Unable to boot into 4.8 kernel

I recently installed rockstor, in a round-about way. I had tried the latest ISO, but it would error, I started working backwards through the ISOs and then after a couple decided to go back one year. I was then able to get into the installer and get everything installed and working.

On my first foray into the OS, it wanted to update, and I let it.
It did it’s thing and rebooted.
Now whenever I boot into the 4.8.7-1.e17 kernel, it panics and stops.
I can still use the 4.3.3 kernel image, but now it complains that the kernel is wrong for this version.

Screenshot of the issue:

@rocksthor Welcome to the Rockstor community forum.

Rockstor uses an unaltered elrepo kernel-ml (main line), just adding here as this may help with searching for what is tripping up in later kernel version on your hardware. There are plans to upgrade the default Rockstor kernel version soon but not sure when this is due.

Hope that helps.

The UI complaint about kernel version is from a simple numeric match to inform you of the mismatch version number from what is expected.

This morning, fed up, I nuked it all out and used the latest version. It had been giving me errors regarding anaconda and other stuff, but I don’t know how to access logs from the installer. Let alone save them. The error just gave me the option to quit.

I tracked down that the KVM of my system was not enabled. Turning this option on, seemed to stabalize. I was able to get further into the installation. However once it got to the rockstor part of the install, it choked again and I got another anaconda error.

I figured it had done enough of the install. So I rebooted. Then immediately did a yum update/upgrade rockstor.

Everything seems to be working atm. But I am nervous as hell. Getting this system running was not easy and I question it’s long term reliability. O_O

@phillxnet quick question maybe off the topic.
Anyone tried to upgrade to any newer kernel version (>4.8.7-1.el7.elrepo.x86_64) by simply using their rpm packages (e.g 4.9 or 4.10) ? :fearful:

@glenngould I haven’t gotten around to trying any newer versions myself but apart from that warning and some code that will try to revert the default to the official version it’s definitely worth a try. Rockstor simply copies the vanilla kernel-ml kernels into it’s repo’s so nothing special going on really; apart from the version check and consequent warning.

Let us know how it goes.

@rocksthor What is the hardware specification you are having install troubles on, and have you looked at the Pre-Install Best Practice (PBP) entry in the docs. You may have some dodgy RAM or just not enough of it: see also Minimum system requirements. Agreed you want a smooth install, if nothing else but for re-installs. Best to track down the issue if you can as it will only bite you back later; unless of course it’s a hw specific bug that gets fixed upstream.

@phillxnet
The motherboard is: ASUS M4A78L-M with an AMD Phenom III Black processor (AM2+)
My RAM is only 4GB yes, but it has not been an issue at all, and did not prevent the installation of Rockstor.
There was a bug that was repeatable over several versions of Rockstor, and was not present back in the January 2016 release. However, as I said, the big issue that seemed to hold things up was KVM (virtualization) settings in the BIOS.
I could go back and re-install again and try to provide that info, but I have a stable system atm and I want to work with it longer. I’ll create backups.
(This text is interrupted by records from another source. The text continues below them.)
-- ===== src/Oid/Virtual/Queries.antt =====
-- The queries on virtual object ids: the static ones, the throwing ones, and how they agree.
use sonic_otairedis.Common.{
  ℕ, ◌^◌, ◌<◌, ◌≡◌, ◌≢◌, refl, sym, ap, ◌∙◌, ◌⊎◌, inl, inr, true, arith, ok, throws, ◌==◌, ==_eq,
  ==_ne, ==_refl, ◌&&◌, not, Bool-cases, if◌then◌else◌,
}
use sonic_otairedis.Otai.{ObjectTypes, IsOtai}
use sonic_otairedis.Oid.Virtual.{
  type_bits, linecard_bits, construct_object_id, object_type_query, linecard_id_query,
  otai_object_type_query, otai_linecard_id_query,
}
use sonic_otairedis.Oid.Virtual.Fields.{
  linecard_bits_lem, construct_object_id_lem, fields-construct_object_id,
}

module _ ⦃t : ObjectTypes⦄ (o : IsOtai t) where
  open t use {null_object_id, null_type, linecard, extensions_max, is_object_type_valid}

  -- A constructed identifier of a valid type is not null and has that type.
  pub object_type_query-construct_object_id :
      (ty lc ix : ℕ)
      → is_object_type_valid ty ≡ true
      → lc < 2 ^ 8
      → ix < 2 ^ 48
      → (construct_object_id ty lc ix ≢ null_object_id)
        × (object_type_query (construct_object_id ty lc ix) ≡ ty)
  unfolding object_type_query
  object_type_query-construct_object_id ty lc ix valid hl hi =
      let small : ty < 2 ^ 8 = omega (arith, o.valid_below ty valid, o.extensions_max_below) in
      let read = fields-construct_object_id ty lc ix small hl hi in
      let sum = construct_object_id_lem ty lc ix small hl hi in
      let present : construct_object_id ty lc ix ≢ null_object_id =
        omega (arith, sum, o.valid_pos ty valid, o.null_object_id_zero) in
      (present, rw (==_ne _ _ present, read.0, valid))

  linecard_object : ℕ → ℕ
  linecard_object lc = construct_object_id linecard lc lc

  linecard_id_query-linecard_object :
      (lc : ℕ) → lc < 2 ^ 8 → linecard_id_query (linecard_object lc) ≡ linecard_object lc
  unfolding linecard_id_query linecard_object
  linecard_id_query-linecard_object lc h =
      let made =
        object_type_query-construct_object_id linecard lc lc o.linecard_valid h (omega arith) in
      let typed : linecard ≢ null_type = omega (arith, o.linecard_pos, o.null_type_zero) in
      rw (==_ne _ _ made.0, made.1, ==_ne _ _ typed, ==_refl linecard)

  -- The linecard of an identifier: null for the null id and for an id of no valid type, and else
  -- an identifier of type linecard, the id itself if it is one.
  abbrev pub LinecardOf : ℕ → ℕ → Type 0
  LinecardOf oid lc =
      ((lc ≡ null_object_id) × ((oid ≡ null_object_id) ⊎ (object_type_query oid ≡ null_type)))
      ⊎ ((lc ≢ null_object_id)
          × (object_type_query oid ≢ null_type)
          × (object_type_query lc ≡ linecard)
          × (object_type_query oid ≡ linecard → lc ≡ oid))

  -- `linecardIdQuery` returns null exactly for the null id and for ids of no valid type; for any
  -- other it returns an id of type linecard that is not null, and a linecard is its own.
  pub linecard_id_query-LinecardOf : (oid : ℕ) → LinecardOf oid (linecard_id_query oid)
  unfolding linecard_id_query
  linecard_id_query-LinecardOf oid = elim (Bool-cases (oid == null_object_id)) [
    | inl here ↦ rw here (inl (refl, inl (==_eq _ _ here)))
    | inr there ↦ elim (Bool-cases (object_type_query oid == null_type)) [
      | inl untyped ↦ rw (there, untyped) (inl (refl, inr (==_eq _ _ untyped)))
      | inr typed ↦ elim (Bool-cases (object_type_query oid == linecard)) [
        | inl self ↦
            rw (there, typed, self) (inr (ground arith, ground arith, ground arith, λ _. refl))
        | inr below ↦
            let made =
              object_type_query-construct_object_id linecard (linecard_bits oid) (linecard_bits oid)
                o.linecard_valid (omega (arith, linecard_bits_lem oid))
                (omega (arith, linecard_bits_lem oid)) in
            rw (there, typed, below)
              (inr (made.0, ground arith, made.1, λ e. absurd (ground arith)))
      ]
    ]
  ]

  pub linecard_id_query_null : linecard_id_query null_object_id ≡ null_object_id
  unfolding linecard_id_query
  linecard_id_query_null = rw (==_refl null_object_id)

  linecard_id_query_self :
      (oid : ℕ) → object_type_query oid ≡ linecard → linecard_id_query oid ≡ oid
  unfolding linecard_id_query
  linecard_id_query_self oid typed = ground (arith, o.linecard_pos, o.null_type_zero)

  pub object_type_query_null : object_type_query null_object_id ≡ null_type
  unfolding object_type_query
  object_type_query_null = rw (==_refl null_object_id)

  -- The linecard of the linecard of an id is the linecard of the id.
  pub linecard_id_query_idempotent :
      (oid : ℕ) → linecard_id_query (linecard_id_query oid) ≡ linecard_id_query oid
  linecard_id_query_idempotent oid = elim (linecard_id_query-LinecardOf oid) [
    | inl missing ↦ ap linecard_id_query missing.0 ∙ linecard_id_query_null ∙ sym missing.0
    | inr found ↦ linecard_id_query_self (linecard_id_query oid) found.2
  ]

  -- Where the metadata accept every type below the bound, the two pairs of queries agree: the
  -- member returns what the static one returns, or throws where that returns null for an id that
  -- is not null.
  module _ (complete : (x : ℕ) → 0 < x → x < extensions_max → is_object_type_valid x ≡ true) where
    pub otai_object_type_query-eq : (oid : ℕ) → otai_object_type_query oid ≡ object_type_query oid
    unfolding otai_object_type_query object_type_query
    otai_object_type_query-eq oid = ground (
      arith,
      complete (type_bits oid),
      o.valid_pos (type_bits oid),
      o.valid_below (type_bits oid),
      o.null_type_zero,
    )

    -- Where the metadata accept every object type below the bound, `otaiLinecardIdQuery` returns
    -- what `linecardIdQuery` returns, or throws where that returns null for an id that is not
    -- null.
    pub otai_linecard_id_query-eq :
        (oid : ℕ)
        → otai_linecard_id_query oid ≡ (
            if not (oid == null_object_id) && (linecard_id_query oid == null_object_id)
            then throws "invalid object type of oid"
            else ok (linecard_id_query oid))
    unfolding otai_linecard_id_query linecard_id_query
    otai_linecard_id_query-eq oid = rw otai_object_type_query-eq (
        ground (
          arith,
          object_type_query-construct_object_id linecard (linecard_bits oid) (linecard_bits oid)
              o.linecard_valid (omega (arith, linecard_bits_lem oid))
              (omega (arith, linecard_bits_lem oid)),
        ))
@rocksthor I’ve managed to reproduce a very similar issue on a KVM virtual machine instance to your original kernel 4.8.7-1.e17.elrepo.x86_64 boot problem so pasting the details here for context, ie as another example of a 4.8 kernel boot problem.
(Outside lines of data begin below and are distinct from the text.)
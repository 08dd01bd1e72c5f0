-- ===== src/Oid/VidManager.antt =====
-- syncd/VidManager.cpp: the queries of `VirtualObjectIdManager` that throw on a bad id.
use sonic_otairedis.Common.{
  ℕ, ◌≡◌, ◌≢◌, ◌⊎◌, arith, Result, ok, throws, ◌==◌, ==_eq, ==_refl, Bool-cases, refl, inl, inr,
  if◌then◌else◌,
}
use sonic_otairedis.Otai.{ObjectTypes, IsOtai}
use sonic_otairedis.Oid.Virtual
use sonic_otairedis.Oid.Virtual.Queries.{
  linecard_id_query-LinecardOf, linecard_id_query_null, object_type_query_null,
}

module _ ⦃t : ObjectTypes⦄ where
  open t use {null_object_id, null_type}

  unfoldable pub linecard_id_query : ℕ → Result ℕ
  linecard_id_query oid =
      if oid == null_object_id
      then ok oid
      else if Virtual.linecard_id_query oid == null_object_id
      then throws "invalid object id"
      else ok (Virtual.linecard_id_query oid)

  unfoldable pub object_type_query : ℕ → Result ℕ
  object_type_query oid =
      if oid == null_object_id
      then ok null_type
      else if Virtual.object_type_query oid == null_type
      then throws "invalid object id"
      else ok (Virtual.object_type_query oid)

  unfoldable pub get_object_index : ℕ → Result ℕ
  get_object_index oid =
      if Virtual.linecard_id_query oid == null_object_id
      then throws "invalid object id"
      else ok (Virtual.get_object_index oid)

module _ ⦃t : ObjectTypes⦄ (o : IsOtai t) where
  open t use {null_object_id, null_type}

  -- The queries of `VidManager` for the linecard and the type of an id throw on an id that is not
  -- null and has no valid type; on every other id they return what the queries of
  -- `VirtualObjectIdManager` return.
  pub queries-agree :
      (oid : ℕ)
      → ((oid ≢ null_object_id) × (Virtual.object_type_query oid ≡ null_type)
          → (linecard_id_query oid ≡ throws "invalid object id")
            × (object_type_query oid ≡ throws "invalid object id"))
        × (((oid ≡ null_object_id) ⊎ (Virtual.object_type_query oid ≢ null_type))
            → (linecard_id_query oid ≡ ok (Virtual.linecard_id_query oid))
              × (object_type_query oid ≡ ok (Virtual.object_type_query oid)))
  unfolding linecard_id_query object_type_query
  queries-agree oid =
      let facts = linecard_id_query-LinecardOf o oid in
      let none = linecard_id_query_null o in
      let none' = object_type_query_null o in
      elim (Bool-cases (oid == null_object_id)) [
        | inl here ↦
            rw (==_eq _ _ here)
              (λ h. absurd (h.0 refl), λ h. rw (==_refl null_object_id, none, none') (refl, refl))
        | inr there ↦ (λ h. (ground arith, ground arith), λ h. (ground arith, ground arith))
      ]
This install was an mdadm root arrangement as per our:
http://rockstor.com/docs/mdraid-mirror/boot_drive_howto.html
from way back and after a global package update the given kernel boot results in:

As per your original report this install also booted OK in 4.6.0-1.el7.elrepo.x86_64.
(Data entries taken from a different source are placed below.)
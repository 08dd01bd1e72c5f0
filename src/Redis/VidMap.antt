-- ===== src/Redis/VidMap.antt =====
-- What the translator asks of the stored VID and RID maps, and of the index counter beside them:
-- the interface between syncd/VirtualOidTranslator.cpp and syncd/RedisClient.cpp.
use sonic_otairedis.Common.{ℕ, ◌+◌, ◌^◌, ◌<◌, ◌≡◌, Result, ok, ◌==◌, if◌then◌else◌}

pub record VidMap : Type 1 where
  pub Db : Type 0
  pub get_vid_for_rid : Db → ℕ → Result ℕ
  pub get_rid_for_vid : Db → ℕ → Result ℕ
  -- The arguments are the VID and the RID, as in the source.
  pub insert_vid_and_rid : Db → ℕ → ℕ → Db
  pub remove_vid_and_rid : Db → ℕ → ℕ → Db
  pub counter : Db → ℕ
  pub increment : Db → ℕ × Db

-- Null stands for a mapping that is not there.
pub record IsVidMap (null : ℕ) (m : VidMap) : Type 0 where
  pub get_vid-insert :
      (db : m.Db) (vid rid rid' : ℕ)
      → vid < 2 ^ 64
      → m.get_vid_for_rid (m.insert_vid_and_rid db vid rid) rid'
        ≡ (if rid == rid' then ok vid else m.get_vid_for_rid db rid')
  pub get_rid-insert :
      (db : m.Db) (vid rid vid' : ℕ)
      → rid < 2 ^ 64
      → m.get_rid_for_vid (m.insert_vid_and_rid db vid rid) vid'
        ≡ (if vid == vid' then ok rid else m.get_rid_for_vid db vid')
  pub get_vid-remove :
      (db : m.Db) (vid rid rid' : ℕ)
      → m.get_vid_for_rid (m.remove_vid_and_rid db vid rid) rid'
        ≡ (if rid == rid' then ok null else m.get_vid_for_rid db rid')
  pub get_rid-remove :
      (db : m.Db) (vid rid vid' : ℕ)
      → m.get_rid_for_vid (m.remove_vid_and_rid db vid rid) vid'
        ≡ (if vid == vid' then ok null else m.get_rid_for_vid db vid')
  pub get_vid-increment :
      (db : m.Db) (rid : ℕ) → m.get_vid_for_rid (m.increment db).1 rid ≡ m.get_vid_for_rid db rid
  pub get_rid-increment :
      (db : m.Db) (vid : ℕ) → m.get_rid_for_vid (m.increment db).1 vid ≡ m.get_rid_for_vid db vid
  pub increment_value : (db : m.Db) → (m.increment db).0 ≡ m.counter db + 1
  pub counter-increment : (db : m.Db) → m.counter (m.increment db).1 ≡ m.counter db + 1
  pub counter-insert :
      (db : m.Db) (vid rid : ℕ) → m.counter (m.insert_vid_and_rid db vid rid) ≡ m.counter db
  pub counter-remove :
      (db : m.Db) (vid rid : ℕ) → m.counter (m.remove_vid_and_rid db vid rid) ≡ m.counter db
Shares your ‘installed from old iso’ then global update scenario, although the Rockstor components in this install are all from source as it is a ‘test bed’ for some drive categorisation work I’m currently doing.

I’m working on other elements of Rockstor for now but will post back here if I managed to take another look at my instance of a 4.8 boot failure.

By the way, nice find re:

Thanks for reporting your findings and work around.